EXERCISE OBJECTIVE –
Using the records below, write out again exactly the lines that begin at the line containing "list_or_empty (Json.arr xs) = Json.to_list xs" and end at the line containing "code_records (Json.str code", and no other lines.

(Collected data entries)
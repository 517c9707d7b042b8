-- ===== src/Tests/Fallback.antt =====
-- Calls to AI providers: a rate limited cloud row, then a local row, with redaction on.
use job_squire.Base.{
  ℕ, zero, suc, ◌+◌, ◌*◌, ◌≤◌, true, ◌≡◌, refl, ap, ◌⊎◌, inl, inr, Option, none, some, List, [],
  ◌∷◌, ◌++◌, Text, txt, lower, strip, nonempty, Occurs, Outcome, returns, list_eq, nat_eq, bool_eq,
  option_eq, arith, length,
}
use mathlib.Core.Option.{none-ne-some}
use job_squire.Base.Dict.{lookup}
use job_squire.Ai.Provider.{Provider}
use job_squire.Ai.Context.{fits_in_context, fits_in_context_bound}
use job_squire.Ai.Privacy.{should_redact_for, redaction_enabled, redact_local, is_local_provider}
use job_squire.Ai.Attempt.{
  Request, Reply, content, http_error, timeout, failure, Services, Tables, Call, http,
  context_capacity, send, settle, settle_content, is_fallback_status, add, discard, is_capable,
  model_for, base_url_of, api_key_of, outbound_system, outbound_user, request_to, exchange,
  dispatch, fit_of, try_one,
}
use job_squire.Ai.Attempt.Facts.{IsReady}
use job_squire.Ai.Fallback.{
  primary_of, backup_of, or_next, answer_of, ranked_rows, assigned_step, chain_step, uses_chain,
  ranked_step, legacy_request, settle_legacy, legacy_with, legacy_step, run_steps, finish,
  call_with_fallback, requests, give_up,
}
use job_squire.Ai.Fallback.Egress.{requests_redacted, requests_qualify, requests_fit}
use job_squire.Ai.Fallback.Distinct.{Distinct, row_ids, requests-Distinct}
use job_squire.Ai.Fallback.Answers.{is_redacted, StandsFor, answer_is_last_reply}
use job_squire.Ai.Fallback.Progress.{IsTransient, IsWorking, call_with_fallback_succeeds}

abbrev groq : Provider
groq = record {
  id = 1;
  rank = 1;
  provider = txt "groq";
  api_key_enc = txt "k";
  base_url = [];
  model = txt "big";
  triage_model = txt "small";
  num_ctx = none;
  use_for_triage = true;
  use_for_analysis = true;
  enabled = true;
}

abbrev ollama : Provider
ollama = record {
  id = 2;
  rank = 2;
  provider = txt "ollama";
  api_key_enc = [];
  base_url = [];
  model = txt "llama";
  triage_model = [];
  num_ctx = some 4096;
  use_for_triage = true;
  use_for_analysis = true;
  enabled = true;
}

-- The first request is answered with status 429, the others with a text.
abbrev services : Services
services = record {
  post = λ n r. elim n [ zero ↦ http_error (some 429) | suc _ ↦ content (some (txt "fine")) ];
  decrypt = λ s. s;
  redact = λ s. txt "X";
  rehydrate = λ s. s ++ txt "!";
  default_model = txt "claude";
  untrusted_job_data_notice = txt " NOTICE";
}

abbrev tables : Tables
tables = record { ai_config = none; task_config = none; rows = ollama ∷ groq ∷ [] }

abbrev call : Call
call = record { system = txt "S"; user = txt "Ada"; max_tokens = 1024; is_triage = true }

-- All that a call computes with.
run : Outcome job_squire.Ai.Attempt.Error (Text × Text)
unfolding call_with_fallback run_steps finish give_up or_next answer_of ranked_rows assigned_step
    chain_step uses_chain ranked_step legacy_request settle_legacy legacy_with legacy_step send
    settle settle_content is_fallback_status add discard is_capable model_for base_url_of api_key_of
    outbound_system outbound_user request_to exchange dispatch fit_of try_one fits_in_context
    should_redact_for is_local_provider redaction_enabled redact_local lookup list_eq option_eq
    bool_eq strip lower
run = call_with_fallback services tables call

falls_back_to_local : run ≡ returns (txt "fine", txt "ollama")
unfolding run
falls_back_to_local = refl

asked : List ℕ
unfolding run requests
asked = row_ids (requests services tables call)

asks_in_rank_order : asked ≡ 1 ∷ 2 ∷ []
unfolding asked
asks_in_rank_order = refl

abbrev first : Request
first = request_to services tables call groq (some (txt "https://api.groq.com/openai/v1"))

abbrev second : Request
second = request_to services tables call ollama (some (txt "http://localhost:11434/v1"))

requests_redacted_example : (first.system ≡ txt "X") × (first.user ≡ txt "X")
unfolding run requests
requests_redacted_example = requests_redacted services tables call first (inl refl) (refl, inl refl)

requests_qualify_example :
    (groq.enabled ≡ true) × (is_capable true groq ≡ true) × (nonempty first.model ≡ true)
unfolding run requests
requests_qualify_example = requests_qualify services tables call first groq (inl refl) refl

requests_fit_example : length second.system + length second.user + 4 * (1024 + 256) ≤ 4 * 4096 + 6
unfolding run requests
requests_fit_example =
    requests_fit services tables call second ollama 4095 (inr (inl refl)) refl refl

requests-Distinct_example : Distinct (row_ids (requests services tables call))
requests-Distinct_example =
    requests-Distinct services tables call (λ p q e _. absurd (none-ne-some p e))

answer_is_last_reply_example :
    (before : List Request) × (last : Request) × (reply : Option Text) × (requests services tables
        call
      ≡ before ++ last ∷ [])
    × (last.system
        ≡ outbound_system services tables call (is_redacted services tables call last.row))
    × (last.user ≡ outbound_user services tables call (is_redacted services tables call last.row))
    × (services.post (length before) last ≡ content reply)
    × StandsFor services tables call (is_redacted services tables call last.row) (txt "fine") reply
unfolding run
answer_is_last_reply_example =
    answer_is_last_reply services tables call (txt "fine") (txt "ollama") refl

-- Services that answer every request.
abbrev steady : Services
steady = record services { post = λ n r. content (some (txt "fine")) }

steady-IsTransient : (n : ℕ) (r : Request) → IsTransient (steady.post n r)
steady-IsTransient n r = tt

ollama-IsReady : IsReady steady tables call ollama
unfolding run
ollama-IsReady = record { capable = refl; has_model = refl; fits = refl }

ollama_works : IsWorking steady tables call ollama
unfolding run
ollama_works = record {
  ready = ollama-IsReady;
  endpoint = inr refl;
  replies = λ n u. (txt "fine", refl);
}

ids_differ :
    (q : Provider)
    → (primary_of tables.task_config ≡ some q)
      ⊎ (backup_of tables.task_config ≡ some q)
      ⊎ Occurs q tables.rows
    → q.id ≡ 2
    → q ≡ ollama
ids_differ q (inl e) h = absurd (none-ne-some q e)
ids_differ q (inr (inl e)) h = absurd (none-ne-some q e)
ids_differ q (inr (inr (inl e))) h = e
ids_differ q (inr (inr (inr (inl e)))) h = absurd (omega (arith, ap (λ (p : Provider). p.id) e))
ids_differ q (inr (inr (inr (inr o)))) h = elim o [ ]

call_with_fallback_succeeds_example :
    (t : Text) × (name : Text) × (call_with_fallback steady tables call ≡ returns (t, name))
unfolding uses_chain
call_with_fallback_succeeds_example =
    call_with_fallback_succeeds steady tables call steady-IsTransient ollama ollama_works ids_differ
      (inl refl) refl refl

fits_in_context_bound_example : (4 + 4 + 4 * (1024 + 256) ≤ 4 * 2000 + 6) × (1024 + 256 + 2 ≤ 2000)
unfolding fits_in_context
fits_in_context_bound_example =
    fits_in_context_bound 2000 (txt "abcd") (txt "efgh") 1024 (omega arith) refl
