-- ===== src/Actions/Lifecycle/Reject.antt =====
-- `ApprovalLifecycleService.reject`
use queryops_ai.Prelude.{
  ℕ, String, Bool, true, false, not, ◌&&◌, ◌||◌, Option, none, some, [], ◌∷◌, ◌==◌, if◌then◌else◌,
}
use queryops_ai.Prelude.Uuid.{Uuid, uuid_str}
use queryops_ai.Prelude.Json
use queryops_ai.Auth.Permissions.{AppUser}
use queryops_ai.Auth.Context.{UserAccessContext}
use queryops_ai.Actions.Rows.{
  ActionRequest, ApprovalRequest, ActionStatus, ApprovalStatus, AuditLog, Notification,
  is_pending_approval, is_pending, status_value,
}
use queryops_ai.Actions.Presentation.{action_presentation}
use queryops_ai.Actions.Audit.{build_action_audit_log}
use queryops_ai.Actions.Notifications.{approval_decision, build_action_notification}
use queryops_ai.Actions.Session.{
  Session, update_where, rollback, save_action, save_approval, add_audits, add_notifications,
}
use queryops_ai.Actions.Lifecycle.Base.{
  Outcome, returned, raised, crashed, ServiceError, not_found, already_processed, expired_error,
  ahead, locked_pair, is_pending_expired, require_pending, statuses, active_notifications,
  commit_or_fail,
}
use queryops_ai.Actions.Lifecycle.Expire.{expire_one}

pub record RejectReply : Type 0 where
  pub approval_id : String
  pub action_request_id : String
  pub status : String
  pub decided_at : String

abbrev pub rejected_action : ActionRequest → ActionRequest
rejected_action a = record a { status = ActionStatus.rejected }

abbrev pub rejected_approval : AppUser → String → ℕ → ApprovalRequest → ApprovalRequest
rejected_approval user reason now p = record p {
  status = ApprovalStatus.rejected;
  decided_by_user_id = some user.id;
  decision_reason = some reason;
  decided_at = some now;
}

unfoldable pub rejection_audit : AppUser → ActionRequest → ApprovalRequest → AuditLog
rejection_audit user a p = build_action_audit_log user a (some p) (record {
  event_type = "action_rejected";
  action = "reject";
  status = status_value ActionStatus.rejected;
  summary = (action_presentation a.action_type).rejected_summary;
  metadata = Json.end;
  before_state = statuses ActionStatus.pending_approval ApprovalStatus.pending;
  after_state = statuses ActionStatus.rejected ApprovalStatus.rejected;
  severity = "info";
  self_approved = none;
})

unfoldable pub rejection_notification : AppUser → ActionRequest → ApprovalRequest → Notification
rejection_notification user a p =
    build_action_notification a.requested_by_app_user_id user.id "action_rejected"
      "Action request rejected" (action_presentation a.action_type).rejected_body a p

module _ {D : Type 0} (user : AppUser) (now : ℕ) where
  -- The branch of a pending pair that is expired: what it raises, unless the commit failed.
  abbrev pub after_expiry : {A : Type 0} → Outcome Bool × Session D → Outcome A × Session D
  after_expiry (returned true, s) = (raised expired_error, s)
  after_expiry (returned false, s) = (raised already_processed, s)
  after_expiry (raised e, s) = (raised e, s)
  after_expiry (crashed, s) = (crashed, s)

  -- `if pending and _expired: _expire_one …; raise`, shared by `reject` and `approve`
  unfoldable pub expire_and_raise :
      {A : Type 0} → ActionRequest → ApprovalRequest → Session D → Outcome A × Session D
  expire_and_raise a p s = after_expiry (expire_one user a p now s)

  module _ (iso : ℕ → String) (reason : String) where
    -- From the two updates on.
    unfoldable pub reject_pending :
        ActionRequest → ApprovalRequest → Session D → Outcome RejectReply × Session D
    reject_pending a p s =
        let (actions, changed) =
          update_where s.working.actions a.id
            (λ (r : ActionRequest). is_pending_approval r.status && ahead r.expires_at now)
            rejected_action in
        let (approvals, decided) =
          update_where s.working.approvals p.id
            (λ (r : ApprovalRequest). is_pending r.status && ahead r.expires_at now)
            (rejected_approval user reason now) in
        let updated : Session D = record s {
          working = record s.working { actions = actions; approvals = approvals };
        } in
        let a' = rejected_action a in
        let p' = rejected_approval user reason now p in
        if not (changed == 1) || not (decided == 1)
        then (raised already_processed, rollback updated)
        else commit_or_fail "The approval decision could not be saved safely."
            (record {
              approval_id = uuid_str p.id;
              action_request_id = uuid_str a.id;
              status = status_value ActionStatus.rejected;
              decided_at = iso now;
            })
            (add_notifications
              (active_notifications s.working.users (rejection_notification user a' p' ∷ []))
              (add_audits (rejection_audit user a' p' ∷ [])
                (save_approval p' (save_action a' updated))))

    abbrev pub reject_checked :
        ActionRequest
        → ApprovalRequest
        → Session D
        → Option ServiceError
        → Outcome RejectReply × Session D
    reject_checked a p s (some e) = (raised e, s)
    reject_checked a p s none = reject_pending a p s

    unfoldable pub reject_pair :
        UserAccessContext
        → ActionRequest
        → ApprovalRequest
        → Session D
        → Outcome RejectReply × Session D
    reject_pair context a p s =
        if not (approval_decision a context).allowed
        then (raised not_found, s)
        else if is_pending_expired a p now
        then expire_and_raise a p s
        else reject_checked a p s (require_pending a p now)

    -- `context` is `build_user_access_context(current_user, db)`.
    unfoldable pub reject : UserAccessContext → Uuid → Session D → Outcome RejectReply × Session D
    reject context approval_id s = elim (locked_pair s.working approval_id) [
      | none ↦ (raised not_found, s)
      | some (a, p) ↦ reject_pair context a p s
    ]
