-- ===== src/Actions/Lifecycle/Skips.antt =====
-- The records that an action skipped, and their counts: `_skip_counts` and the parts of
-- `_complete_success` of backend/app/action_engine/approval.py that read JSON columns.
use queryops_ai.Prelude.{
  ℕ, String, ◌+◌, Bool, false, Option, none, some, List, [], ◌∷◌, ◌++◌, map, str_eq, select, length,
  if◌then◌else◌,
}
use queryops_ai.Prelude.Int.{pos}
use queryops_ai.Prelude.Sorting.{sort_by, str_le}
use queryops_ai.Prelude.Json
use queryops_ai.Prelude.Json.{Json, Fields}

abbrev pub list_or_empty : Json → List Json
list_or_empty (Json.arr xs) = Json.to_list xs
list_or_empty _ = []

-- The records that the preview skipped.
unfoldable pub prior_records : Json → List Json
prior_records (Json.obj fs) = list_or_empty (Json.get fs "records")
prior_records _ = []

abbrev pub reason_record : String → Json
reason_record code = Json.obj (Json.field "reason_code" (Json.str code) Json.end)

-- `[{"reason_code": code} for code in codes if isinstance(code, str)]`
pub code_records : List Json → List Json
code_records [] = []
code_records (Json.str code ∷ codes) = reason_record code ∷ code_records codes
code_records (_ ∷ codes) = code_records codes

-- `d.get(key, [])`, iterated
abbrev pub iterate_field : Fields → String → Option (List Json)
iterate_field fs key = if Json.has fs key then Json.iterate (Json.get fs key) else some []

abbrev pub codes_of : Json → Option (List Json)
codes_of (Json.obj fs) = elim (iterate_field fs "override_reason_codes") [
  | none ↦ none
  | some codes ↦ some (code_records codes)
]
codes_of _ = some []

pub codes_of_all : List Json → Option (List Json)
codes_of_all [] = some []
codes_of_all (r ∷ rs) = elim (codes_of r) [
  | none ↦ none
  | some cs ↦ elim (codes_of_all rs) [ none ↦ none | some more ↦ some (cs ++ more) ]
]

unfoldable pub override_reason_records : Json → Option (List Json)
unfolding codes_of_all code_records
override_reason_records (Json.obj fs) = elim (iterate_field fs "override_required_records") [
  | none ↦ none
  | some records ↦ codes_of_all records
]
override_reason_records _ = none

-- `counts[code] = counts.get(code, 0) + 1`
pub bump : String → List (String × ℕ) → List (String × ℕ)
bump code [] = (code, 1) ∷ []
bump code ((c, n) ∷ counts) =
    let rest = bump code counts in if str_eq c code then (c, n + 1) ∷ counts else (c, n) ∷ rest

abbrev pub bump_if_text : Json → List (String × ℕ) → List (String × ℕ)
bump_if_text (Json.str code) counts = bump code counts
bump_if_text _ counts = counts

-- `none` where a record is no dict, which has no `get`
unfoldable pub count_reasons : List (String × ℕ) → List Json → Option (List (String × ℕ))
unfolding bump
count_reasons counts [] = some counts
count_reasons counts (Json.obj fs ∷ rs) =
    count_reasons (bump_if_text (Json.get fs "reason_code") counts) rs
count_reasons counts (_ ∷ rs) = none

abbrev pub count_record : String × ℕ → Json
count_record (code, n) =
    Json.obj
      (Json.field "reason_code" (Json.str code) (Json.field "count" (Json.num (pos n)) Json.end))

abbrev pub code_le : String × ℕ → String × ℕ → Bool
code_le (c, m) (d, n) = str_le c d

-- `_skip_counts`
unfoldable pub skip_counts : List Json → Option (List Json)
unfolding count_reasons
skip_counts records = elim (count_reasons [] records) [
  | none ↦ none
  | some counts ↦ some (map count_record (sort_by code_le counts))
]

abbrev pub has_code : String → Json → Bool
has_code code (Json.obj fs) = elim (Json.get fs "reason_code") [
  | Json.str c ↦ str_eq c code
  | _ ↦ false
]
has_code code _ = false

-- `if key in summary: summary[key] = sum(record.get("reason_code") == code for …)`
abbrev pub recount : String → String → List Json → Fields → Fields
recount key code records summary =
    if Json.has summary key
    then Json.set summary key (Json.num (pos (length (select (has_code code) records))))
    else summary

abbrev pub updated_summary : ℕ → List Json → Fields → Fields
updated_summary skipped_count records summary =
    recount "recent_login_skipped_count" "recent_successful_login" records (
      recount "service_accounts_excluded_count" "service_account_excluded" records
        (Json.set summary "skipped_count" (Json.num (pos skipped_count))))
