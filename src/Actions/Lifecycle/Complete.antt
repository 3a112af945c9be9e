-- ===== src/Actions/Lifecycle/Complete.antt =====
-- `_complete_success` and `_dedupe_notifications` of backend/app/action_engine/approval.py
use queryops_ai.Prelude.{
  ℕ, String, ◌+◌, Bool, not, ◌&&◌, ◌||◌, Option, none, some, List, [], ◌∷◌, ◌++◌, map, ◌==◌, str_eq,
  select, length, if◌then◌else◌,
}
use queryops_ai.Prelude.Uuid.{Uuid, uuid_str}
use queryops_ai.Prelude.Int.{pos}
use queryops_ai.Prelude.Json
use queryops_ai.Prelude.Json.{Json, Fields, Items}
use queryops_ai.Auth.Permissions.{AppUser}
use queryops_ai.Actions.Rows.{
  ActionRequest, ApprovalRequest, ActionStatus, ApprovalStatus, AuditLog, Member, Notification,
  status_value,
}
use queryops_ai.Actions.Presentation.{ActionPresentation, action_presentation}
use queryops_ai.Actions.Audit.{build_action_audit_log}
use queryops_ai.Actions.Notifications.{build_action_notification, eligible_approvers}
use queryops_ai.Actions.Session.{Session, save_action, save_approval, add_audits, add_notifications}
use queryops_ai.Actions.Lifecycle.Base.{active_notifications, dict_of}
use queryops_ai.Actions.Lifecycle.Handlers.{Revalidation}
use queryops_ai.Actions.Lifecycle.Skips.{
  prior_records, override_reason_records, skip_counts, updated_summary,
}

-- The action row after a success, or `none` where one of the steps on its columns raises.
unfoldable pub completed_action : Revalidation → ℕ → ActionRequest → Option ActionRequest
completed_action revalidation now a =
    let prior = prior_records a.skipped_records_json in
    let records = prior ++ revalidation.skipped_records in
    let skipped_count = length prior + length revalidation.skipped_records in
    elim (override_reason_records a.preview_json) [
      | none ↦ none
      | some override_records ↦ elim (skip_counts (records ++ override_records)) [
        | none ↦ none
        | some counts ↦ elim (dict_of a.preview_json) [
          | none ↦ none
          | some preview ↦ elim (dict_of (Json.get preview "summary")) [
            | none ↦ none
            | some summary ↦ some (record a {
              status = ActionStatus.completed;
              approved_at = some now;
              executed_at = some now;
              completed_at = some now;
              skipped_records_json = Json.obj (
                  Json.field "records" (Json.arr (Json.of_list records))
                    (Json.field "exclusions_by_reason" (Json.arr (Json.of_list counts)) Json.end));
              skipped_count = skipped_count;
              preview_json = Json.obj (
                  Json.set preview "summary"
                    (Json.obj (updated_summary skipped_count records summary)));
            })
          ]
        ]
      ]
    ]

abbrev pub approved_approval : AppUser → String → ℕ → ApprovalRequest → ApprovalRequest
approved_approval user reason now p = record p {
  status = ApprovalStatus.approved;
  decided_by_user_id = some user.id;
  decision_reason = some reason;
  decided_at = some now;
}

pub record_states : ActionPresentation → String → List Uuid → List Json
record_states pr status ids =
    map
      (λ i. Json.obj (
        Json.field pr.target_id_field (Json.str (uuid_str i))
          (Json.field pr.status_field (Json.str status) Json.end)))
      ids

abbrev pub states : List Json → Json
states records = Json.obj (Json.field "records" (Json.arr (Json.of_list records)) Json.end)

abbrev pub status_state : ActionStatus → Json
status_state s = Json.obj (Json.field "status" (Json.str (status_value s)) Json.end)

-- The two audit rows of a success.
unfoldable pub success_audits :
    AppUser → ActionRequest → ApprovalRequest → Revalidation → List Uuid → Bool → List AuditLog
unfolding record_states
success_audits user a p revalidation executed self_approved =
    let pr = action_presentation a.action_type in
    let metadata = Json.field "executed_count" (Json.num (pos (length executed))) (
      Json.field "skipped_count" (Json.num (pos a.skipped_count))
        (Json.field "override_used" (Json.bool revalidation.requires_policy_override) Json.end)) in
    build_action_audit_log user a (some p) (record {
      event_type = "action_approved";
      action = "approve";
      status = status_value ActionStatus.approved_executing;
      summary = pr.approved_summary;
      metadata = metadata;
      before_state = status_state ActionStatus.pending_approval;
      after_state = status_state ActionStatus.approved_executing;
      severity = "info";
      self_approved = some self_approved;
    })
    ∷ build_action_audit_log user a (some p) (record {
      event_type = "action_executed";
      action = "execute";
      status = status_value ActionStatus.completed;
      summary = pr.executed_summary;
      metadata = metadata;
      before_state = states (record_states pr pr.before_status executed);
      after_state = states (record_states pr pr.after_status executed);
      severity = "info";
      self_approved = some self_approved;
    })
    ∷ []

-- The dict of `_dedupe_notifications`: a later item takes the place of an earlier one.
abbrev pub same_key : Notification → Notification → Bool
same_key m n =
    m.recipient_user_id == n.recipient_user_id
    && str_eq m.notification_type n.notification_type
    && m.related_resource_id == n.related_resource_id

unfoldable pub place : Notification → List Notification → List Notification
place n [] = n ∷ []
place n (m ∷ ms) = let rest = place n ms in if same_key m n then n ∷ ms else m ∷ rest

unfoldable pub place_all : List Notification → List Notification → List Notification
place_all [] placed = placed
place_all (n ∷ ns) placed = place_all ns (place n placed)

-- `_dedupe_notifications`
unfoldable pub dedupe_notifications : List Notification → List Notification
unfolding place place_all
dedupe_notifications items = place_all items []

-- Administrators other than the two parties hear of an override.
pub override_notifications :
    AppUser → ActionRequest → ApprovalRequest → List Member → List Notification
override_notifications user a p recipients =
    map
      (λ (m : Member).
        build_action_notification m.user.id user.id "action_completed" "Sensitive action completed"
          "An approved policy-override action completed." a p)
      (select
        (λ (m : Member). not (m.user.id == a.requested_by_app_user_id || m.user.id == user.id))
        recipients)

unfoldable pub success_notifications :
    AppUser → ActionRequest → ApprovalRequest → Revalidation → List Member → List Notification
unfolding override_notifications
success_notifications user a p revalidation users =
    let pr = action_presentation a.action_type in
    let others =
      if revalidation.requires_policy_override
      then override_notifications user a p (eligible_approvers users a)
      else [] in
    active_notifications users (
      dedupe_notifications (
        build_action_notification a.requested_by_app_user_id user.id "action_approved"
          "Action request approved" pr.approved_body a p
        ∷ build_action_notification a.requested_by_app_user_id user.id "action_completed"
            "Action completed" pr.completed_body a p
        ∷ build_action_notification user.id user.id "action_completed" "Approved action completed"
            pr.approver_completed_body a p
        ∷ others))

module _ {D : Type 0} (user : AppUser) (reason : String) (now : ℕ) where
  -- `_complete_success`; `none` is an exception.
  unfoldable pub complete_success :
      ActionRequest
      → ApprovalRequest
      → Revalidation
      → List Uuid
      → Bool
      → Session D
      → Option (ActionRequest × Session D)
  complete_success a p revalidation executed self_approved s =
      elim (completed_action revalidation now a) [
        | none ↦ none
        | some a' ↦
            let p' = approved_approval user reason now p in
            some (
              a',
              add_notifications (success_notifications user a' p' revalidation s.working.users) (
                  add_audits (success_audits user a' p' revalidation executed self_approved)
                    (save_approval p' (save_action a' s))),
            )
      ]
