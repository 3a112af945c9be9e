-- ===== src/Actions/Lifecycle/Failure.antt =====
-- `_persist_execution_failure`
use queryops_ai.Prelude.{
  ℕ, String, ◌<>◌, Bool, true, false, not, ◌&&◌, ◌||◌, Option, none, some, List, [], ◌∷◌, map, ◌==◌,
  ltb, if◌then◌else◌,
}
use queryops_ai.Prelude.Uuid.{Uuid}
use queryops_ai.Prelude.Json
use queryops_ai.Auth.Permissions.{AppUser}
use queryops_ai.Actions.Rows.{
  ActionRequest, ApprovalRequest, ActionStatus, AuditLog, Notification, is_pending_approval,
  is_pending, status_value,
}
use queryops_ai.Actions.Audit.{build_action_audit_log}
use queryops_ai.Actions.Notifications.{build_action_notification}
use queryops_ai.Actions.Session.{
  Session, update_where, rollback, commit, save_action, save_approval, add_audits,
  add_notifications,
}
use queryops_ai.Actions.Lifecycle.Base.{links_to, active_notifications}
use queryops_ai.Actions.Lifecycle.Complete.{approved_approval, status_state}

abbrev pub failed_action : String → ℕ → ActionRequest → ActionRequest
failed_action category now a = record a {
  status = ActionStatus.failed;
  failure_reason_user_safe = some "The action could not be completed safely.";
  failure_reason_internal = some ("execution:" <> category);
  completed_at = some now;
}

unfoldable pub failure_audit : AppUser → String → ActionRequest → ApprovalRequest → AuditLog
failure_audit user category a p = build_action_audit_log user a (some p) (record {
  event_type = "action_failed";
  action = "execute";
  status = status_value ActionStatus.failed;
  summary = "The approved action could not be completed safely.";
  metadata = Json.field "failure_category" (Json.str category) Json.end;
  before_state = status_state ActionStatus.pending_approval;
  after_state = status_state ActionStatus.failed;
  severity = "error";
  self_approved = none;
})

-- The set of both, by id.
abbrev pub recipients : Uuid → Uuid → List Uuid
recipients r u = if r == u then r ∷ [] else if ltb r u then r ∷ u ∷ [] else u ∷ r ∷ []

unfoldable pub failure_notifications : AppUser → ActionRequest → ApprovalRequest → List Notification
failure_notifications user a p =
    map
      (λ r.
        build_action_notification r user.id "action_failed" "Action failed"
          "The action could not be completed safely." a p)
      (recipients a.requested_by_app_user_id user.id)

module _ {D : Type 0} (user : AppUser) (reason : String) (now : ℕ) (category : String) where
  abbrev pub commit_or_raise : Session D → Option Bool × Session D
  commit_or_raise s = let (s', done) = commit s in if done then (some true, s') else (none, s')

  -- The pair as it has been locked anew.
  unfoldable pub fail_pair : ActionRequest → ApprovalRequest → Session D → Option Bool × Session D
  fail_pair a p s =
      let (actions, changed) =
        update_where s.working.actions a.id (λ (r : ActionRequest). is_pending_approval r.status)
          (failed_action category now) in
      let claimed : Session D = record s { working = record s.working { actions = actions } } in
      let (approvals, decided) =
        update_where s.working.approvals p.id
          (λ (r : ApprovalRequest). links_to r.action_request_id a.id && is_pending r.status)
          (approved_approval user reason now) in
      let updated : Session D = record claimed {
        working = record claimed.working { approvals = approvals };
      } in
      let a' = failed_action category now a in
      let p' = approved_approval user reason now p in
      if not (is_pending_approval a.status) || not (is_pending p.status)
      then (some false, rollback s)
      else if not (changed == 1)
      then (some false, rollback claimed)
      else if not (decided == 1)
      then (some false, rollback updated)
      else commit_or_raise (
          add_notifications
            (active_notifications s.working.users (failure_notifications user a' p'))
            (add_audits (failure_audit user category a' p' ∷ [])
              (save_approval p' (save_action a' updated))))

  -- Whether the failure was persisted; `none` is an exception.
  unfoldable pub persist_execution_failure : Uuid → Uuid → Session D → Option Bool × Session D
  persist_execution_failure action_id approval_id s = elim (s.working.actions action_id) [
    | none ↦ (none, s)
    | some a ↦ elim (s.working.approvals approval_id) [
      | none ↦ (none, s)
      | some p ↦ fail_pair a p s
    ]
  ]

RESULT FOR THIS EXERCISE –
list_or_empty (Json.arr xs) = Json.to_list xs
list_or_empty _ = []

-- The records that the preview skipped.
unfoldable pub prior_records : Json → List Json
prior_records (Json.obj fs) = list_or_empty (Json.get fs "records")
prior_records _ = []

abbrev pub reason_record : String → Json
reason_record code = Json.obj (Json.field "reason_code" (Json.str code) Json.end)

-- `[{"reason_code": code} for code in codes if isinstance(code, str)]`
pub code_records : List Json → List Json
code_records [] = []
code_records (Json.str code ∷ codes) = reason_record code ∷ code_records codes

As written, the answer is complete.